_What you have to do_: Scan the listing below. Report each line that includes "pubkey".

_Information shown_:

:::

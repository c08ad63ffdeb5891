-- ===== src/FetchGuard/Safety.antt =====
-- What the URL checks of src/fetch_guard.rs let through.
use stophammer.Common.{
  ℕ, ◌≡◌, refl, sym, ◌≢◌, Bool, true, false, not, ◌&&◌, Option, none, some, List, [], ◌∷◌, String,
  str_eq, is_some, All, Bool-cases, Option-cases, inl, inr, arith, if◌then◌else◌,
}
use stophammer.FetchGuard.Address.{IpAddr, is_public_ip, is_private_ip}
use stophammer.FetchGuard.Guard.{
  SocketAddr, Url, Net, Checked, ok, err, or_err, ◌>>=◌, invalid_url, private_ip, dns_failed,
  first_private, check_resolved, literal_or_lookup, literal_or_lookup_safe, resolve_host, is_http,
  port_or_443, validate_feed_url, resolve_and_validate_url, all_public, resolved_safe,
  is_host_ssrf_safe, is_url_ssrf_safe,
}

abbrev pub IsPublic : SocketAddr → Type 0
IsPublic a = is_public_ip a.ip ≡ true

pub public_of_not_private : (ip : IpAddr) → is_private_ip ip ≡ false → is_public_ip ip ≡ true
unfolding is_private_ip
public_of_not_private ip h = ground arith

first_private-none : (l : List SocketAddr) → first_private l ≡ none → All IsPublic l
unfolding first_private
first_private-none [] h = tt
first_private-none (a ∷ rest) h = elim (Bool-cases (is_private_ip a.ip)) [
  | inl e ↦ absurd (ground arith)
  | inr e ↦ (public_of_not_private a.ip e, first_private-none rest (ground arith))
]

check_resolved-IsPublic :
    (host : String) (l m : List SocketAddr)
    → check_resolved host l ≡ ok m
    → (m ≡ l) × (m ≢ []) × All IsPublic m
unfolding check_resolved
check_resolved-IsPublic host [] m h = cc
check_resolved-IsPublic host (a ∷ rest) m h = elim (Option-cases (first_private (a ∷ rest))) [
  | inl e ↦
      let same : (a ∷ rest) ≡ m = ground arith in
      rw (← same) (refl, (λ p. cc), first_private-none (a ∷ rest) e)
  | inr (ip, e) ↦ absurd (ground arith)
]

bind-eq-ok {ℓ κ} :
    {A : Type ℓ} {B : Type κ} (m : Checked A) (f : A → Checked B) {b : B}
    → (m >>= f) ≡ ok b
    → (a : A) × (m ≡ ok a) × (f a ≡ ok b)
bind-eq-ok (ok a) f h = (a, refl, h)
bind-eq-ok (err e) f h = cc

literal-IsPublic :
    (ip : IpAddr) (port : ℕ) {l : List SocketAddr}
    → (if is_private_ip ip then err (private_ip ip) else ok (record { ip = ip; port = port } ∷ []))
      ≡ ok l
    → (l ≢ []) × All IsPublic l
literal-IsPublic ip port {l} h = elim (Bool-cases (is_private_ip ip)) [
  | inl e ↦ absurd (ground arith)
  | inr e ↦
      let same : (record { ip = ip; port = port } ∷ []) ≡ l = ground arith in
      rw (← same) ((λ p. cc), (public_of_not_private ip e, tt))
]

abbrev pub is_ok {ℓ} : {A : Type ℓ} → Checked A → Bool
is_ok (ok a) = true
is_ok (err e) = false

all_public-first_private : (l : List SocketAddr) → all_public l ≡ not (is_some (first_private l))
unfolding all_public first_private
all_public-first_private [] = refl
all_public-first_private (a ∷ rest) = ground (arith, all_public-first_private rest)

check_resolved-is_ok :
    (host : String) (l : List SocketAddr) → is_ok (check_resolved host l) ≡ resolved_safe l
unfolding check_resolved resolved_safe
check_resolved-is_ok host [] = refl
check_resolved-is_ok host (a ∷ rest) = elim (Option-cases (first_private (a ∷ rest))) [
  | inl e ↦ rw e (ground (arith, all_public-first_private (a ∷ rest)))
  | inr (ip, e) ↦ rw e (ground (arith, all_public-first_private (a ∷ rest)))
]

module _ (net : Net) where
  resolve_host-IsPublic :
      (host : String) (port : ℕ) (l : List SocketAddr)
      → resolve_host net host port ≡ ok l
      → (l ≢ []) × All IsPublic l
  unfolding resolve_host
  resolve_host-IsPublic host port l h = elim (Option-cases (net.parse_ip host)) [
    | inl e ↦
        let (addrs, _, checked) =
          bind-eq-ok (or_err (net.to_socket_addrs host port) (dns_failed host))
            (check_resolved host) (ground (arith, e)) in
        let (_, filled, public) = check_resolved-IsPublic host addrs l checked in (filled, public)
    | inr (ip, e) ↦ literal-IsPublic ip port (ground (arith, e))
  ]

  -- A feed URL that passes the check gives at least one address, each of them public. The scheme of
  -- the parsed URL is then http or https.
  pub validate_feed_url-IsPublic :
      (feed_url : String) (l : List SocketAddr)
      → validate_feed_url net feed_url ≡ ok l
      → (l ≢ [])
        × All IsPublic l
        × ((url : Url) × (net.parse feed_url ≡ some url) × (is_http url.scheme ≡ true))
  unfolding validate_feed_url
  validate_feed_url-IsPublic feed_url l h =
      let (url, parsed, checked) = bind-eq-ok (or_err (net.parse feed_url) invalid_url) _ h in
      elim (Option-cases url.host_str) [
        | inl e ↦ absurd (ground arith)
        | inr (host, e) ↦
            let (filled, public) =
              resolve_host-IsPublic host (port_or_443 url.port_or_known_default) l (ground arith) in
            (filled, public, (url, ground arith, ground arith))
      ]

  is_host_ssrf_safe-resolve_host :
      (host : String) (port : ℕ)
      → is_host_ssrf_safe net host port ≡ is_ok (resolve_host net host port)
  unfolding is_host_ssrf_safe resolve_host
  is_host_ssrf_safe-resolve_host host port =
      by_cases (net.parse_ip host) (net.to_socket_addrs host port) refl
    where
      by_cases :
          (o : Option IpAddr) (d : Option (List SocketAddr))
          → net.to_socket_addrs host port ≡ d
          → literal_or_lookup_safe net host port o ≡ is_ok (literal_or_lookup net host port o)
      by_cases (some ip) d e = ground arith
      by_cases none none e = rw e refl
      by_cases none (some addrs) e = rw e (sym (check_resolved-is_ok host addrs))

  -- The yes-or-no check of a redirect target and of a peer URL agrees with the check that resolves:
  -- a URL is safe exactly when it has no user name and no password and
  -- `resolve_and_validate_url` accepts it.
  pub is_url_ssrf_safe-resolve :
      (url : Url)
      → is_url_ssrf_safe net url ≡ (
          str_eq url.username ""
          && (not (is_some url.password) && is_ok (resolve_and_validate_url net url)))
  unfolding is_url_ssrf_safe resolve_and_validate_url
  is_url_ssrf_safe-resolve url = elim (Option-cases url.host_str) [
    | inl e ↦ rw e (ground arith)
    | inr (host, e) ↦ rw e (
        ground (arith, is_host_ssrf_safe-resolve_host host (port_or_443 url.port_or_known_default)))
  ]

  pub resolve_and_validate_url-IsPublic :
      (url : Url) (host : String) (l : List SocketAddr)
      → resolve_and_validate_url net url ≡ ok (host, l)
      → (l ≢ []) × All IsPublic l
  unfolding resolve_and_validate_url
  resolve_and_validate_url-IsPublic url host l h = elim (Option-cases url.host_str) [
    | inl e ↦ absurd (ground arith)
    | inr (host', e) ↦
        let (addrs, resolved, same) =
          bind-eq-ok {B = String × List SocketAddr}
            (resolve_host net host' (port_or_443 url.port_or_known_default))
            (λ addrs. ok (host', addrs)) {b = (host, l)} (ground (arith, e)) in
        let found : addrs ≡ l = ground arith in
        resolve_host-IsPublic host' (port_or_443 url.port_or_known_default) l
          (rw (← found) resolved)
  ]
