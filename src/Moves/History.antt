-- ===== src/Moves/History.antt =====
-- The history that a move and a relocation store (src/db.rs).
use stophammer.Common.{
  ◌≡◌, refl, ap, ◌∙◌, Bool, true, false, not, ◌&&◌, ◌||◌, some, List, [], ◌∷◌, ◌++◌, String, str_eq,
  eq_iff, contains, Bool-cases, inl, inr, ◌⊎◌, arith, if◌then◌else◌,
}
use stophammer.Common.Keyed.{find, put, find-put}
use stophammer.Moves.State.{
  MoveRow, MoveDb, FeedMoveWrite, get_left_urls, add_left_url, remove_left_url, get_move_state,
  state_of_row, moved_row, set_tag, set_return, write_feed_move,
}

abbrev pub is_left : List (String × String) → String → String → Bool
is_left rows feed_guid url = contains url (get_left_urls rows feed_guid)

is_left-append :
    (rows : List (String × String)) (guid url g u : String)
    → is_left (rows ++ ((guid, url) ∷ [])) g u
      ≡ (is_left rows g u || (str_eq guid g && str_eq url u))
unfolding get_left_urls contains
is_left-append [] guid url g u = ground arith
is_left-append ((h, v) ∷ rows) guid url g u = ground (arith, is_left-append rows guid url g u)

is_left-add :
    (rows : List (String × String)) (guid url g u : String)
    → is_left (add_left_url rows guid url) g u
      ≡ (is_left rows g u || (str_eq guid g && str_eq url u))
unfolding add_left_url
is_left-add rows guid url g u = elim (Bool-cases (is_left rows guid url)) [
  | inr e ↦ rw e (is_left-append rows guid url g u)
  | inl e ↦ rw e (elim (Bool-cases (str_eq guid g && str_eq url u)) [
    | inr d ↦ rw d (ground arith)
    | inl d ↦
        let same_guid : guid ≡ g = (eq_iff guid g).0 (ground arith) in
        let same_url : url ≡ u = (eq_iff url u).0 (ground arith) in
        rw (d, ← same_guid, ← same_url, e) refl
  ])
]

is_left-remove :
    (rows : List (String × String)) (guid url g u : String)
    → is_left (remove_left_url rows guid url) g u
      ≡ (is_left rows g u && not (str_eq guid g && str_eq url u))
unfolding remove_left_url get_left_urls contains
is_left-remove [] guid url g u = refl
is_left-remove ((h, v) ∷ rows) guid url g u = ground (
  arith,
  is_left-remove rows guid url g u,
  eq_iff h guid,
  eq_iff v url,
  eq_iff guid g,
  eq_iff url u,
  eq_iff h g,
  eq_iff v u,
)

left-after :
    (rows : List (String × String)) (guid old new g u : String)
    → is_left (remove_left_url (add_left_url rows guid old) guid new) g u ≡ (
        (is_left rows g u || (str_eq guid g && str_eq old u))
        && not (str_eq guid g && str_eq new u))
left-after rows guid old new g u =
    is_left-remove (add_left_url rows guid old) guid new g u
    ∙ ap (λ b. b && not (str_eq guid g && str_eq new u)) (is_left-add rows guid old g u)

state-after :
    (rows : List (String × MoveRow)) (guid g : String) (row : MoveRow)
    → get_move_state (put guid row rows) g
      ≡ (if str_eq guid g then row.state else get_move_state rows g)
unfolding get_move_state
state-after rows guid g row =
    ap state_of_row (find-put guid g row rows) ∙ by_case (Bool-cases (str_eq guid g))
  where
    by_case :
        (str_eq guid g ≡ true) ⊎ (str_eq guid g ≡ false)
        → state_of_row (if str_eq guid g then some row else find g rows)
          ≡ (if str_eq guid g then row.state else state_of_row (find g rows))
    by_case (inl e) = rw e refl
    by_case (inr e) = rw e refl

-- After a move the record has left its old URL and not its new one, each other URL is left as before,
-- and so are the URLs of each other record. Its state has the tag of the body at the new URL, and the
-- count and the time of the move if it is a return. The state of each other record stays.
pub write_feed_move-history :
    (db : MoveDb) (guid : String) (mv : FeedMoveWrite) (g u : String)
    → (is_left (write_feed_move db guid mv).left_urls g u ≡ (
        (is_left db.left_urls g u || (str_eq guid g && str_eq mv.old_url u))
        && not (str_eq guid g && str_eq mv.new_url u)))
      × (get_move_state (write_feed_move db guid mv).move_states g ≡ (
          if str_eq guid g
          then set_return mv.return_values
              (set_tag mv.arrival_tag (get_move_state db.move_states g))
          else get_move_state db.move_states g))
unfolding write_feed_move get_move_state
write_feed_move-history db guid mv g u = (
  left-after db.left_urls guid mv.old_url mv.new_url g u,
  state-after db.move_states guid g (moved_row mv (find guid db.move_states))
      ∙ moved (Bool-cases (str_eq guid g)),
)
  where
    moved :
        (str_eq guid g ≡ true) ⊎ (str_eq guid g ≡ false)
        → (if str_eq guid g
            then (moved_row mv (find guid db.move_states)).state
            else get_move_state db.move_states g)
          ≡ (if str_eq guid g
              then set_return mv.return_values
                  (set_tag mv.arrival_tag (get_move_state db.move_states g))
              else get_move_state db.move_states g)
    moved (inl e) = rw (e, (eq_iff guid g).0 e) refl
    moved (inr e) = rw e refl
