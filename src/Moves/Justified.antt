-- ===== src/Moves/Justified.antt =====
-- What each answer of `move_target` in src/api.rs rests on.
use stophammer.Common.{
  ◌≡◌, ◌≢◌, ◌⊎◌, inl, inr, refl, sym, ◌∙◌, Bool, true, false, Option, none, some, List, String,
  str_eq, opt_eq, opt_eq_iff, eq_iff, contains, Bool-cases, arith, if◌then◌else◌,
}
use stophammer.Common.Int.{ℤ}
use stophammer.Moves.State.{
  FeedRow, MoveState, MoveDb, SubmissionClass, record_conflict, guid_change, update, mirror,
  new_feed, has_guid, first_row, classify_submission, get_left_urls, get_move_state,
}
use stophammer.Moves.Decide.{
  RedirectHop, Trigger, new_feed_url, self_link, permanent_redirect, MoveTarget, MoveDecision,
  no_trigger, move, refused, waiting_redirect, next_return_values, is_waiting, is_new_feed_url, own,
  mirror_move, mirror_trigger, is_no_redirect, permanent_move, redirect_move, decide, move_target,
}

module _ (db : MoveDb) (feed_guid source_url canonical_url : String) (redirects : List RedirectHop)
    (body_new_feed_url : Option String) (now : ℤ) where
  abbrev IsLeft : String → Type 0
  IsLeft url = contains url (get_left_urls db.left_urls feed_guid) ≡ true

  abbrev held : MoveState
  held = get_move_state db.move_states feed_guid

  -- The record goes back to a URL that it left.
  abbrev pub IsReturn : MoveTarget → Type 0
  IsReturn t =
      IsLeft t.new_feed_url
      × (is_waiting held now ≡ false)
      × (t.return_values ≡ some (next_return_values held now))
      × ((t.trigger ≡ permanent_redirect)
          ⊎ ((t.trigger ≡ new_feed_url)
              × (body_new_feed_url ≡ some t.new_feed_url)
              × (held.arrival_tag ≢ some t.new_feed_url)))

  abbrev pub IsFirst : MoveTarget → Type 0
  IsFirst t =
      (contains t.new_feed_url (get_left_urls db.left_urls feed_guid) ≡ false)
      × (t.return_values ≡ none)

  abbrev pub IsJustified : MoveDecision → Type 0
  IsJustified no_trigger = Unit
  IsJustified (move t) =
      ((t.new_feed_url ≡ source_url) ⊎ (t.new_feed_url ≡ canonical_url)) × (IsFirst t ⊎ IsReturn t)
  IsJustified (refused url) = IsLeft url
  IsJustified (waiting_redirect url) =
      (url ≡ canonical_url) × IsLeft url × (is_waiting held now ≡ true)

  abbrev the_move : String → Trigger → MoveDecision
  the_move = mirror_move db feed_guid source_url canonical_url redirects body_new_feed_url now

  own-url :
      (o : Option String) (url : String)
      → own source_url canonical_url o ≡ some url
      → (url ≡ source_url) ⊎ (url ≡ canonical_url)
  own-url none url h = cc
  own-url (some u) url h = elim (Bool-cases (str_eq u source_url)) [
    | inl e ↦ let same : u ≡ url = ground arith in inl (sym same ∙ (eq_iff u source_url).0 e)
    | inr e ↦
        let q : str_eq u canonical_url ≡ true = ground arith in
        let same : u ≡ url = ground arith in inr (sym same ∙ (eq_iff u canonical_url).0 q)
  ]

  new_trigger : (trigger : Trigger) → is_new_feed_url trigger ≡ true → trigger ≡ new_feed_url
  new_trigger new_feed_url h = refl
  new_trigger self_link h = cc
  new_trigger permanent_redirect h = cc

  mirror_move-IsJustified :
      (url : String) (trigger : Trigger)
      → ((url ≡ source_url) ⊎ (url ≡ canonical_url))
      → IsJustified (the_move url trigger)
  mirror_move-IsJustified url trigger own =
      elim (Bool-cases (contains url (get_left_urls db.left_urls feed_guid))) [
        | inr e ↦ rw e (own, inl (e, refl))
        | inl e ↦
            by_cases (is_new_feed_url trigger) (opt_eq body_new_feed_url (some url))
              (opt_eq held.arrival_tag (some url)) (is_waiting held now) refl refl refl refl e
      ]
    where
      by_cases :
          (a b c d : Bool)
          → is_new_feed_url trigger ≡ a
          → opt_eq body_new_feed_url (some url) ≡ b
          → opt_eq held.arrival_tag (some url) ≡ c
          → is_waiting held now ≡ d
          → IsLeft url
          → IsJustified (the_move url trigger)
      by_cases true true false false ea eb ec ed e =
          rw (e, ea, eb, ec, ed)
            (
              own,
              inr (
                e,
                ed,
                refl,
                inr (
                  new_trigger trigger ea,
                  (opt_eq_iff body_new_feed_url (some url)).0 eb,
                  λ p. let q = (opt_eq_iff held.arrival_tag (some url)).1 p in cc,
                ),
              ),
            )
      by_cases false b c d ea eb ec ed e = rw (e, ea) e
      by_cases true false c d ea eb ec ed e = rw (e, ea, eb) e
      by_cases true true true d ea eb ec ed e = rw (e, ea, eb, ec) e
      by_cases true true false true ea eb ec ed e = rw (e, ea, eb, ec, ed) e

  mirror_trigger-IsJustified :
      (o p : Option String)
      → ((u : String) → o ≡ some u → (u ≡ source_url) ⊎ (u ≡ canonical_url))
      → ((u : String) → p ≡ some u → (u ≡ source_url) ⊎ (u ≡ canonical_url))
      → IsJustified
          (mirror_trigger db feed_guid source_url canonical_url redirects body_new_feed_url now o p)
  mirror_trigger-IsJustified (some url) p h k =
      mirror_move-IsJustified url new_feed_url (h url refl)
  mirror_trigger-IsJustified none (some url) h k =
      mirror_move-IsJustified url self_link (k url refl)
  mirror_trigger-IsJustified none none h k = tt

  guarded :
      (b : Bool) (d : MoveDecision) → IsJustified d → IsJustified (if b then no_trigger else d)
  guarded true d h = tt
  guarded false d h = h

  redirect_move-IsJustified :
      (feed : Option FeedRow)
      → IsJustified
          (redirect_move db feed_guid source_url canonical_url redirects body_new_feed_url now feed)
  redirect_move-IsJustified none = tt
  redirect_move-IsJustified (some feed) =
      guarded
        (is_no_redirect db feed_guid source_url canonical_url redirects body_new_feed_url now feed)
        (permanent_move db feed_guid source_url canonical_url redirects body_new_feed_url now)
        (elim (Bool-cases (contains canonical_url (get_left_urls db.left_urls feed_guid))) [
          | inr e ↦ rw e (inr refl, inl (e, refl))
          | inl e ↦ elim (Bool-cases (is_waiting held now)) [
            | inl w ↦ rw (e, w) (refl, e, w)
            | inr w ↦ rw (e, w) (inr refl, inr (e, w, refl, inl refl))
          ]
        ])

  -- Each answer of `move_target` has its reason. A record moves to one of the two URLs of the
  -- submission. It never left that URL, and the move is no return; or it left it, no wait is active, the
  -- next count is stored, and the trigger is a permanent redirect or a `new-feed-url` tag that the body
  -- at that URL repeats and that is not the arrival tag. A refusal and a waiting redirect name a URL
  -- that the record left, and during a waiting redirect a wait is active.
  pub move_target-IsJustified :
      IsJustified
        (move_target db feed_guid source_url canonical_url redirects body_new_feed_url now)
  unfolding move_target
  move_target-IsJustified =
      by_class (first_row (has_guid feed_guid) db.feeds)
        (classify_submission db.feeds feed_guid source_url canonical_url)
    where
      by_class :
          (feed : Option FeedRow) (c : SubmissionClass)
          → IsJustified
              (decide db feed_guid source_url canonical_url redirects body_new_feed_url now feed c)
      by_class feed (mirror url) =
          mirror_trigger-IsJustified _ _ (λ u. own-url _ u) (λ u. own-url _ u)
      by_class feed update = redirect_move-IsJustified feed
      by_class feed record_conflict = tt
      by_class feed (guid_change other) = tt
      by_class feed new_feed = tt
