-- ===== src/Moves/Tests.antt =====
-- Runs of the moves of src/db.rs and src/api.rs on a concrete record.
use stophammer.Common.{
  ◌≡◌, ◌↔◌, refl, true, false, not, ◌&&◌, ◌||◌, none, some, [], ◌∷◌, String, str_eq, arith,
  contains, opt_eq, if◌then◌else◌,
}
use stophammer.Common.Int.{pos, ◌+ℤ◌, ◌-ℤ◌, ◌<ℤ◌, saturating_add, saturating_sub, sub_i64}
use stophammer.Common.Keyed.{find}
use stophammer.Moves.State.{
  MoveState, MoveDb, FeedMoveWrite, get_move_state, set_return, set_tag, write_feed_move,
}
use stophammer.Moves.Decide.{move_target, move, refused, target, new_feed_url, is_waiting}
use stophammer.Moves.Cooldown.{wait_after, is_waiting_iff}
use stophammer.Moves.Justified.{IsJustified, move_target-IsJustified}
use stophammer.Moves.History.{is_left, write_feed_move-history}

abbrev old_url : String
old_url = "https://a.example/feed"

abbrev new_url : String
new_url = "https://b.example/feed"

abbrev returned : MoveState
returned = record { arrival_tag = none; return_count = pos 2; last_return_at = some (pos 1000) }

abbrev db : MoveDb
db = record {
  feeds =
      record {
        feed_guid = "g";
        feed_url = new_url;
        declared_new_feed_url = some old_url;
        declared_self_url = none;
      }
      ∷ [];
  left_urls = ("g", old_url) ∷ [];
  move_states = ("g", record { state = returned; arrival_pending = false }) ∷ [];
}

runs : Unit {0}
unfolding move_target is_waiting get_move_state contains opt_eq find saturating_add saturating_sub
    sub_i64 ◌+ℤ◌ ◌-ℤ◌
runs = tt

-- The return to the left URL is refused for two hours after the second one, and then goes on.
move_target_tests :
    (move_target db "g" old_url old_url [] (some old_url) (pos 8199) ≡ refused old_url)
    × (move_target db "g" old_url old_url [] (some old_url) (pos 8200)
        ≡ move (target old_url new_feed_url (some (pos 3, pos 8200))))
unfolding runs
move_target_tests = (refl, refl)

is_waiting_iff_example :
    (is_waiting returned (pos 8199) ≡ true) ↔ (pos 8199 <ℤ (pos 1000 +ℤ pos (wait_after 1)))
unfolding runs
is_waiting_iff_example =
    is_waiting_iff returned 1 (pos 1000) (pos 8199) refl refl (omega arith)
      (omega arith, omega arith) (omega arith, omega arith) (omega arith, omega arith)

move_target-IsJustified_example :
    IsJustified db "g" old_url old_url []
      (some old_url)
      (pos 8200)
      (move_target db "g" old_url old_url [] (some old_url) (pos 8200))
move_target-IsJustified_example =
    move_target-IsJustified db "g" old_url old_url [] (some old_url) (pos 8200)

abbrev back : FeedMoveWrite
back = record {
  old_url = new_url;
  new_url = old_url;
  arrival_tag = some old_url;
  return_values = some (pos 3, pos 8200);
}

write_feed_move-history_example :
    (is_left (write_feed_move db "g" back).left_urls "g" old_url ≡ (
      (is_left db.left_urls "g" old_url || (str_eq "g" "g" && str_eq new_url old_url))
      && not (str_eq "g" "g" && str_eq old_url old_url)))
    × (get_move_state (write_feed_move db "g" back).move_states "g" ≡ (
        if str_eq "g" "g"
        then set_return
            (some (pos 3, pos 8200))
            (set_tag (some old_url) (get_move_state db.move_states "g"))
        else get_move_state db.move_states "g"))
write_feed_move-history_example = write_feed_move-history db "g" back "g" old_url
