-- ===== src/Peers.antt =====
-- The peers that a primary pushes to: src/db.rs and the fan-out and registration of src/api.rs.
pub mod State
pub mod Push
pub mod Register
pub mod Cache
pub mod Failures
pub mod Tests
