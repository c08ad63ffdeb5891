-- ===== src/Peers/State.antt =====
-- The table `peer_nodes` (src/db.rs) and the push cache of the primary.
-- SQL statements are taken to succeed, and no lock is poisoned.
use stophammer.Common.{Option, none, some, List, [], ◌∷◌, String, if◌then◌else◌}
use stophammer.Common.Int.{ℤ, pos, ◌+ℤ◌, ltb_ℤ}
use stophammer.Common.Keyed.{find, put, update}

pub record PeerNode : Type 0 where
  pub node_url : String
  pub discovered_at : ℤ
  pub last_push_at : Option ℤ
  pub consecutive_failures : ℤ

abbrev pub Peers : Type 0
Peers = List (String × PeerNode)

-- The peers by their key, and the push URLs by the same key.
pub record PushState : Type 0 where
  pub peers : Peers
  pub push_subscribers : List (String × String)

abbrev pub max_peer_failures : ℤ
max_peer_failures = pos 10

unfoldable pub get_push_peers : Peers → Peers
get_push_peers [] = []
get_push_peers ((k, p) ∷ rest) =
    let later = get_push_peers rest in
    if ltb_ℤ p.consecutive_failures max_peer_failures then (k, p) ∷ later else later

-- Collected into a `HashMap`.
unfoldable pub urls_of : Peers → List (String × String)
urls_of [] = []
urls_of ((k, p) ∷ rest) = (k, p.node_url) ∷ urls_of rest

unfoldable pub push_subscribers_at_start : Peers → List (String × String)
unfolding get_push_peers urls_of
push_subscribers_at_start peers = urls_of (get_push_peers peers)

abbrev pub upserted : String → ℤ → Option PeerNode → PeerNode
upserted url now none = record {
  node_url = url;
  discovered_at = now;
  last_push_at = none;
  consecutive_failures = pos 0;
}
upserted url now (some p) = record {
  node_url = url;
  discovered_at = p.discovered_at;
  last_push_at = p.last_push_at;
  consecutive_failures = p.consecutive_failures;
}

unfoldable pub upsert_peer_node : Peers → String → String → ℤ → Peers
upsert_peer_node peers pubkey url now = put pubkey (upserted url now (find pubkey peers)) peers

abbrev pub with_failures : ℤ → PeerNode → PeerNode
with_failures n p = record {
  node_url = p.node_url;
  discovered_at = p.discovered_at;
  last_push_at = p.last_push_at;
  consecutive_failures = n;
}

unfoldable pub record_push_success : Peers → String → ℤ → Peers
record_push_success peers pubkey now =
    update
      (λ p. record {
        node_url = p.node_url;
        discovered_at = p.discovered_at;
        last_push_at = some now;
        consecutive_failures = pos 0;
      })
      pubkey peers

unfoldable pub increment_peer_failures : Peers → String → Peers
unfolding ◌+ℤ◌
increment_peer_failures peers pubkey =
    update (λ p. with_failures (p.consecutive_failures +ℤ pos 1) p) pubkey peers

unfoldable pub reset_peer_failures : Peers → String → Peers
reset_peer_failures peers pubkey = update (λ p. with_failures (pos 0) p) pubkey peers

:::

_Task output_:
upsert_peer_node peers pubkey url now = put pubkey (upserted url now (find pubkey peers)) peers
record_push_success peers pubkey now =
      pubkey peers
increment_peer_failures peers pubkey =
    update (λ p. with_failures (p.consecutive_failures +ℤ pos 1) p) pubkey peers
reset_peer_failures peers pubkey = update (λ p. with_failures (pos 0) p) pubkey peers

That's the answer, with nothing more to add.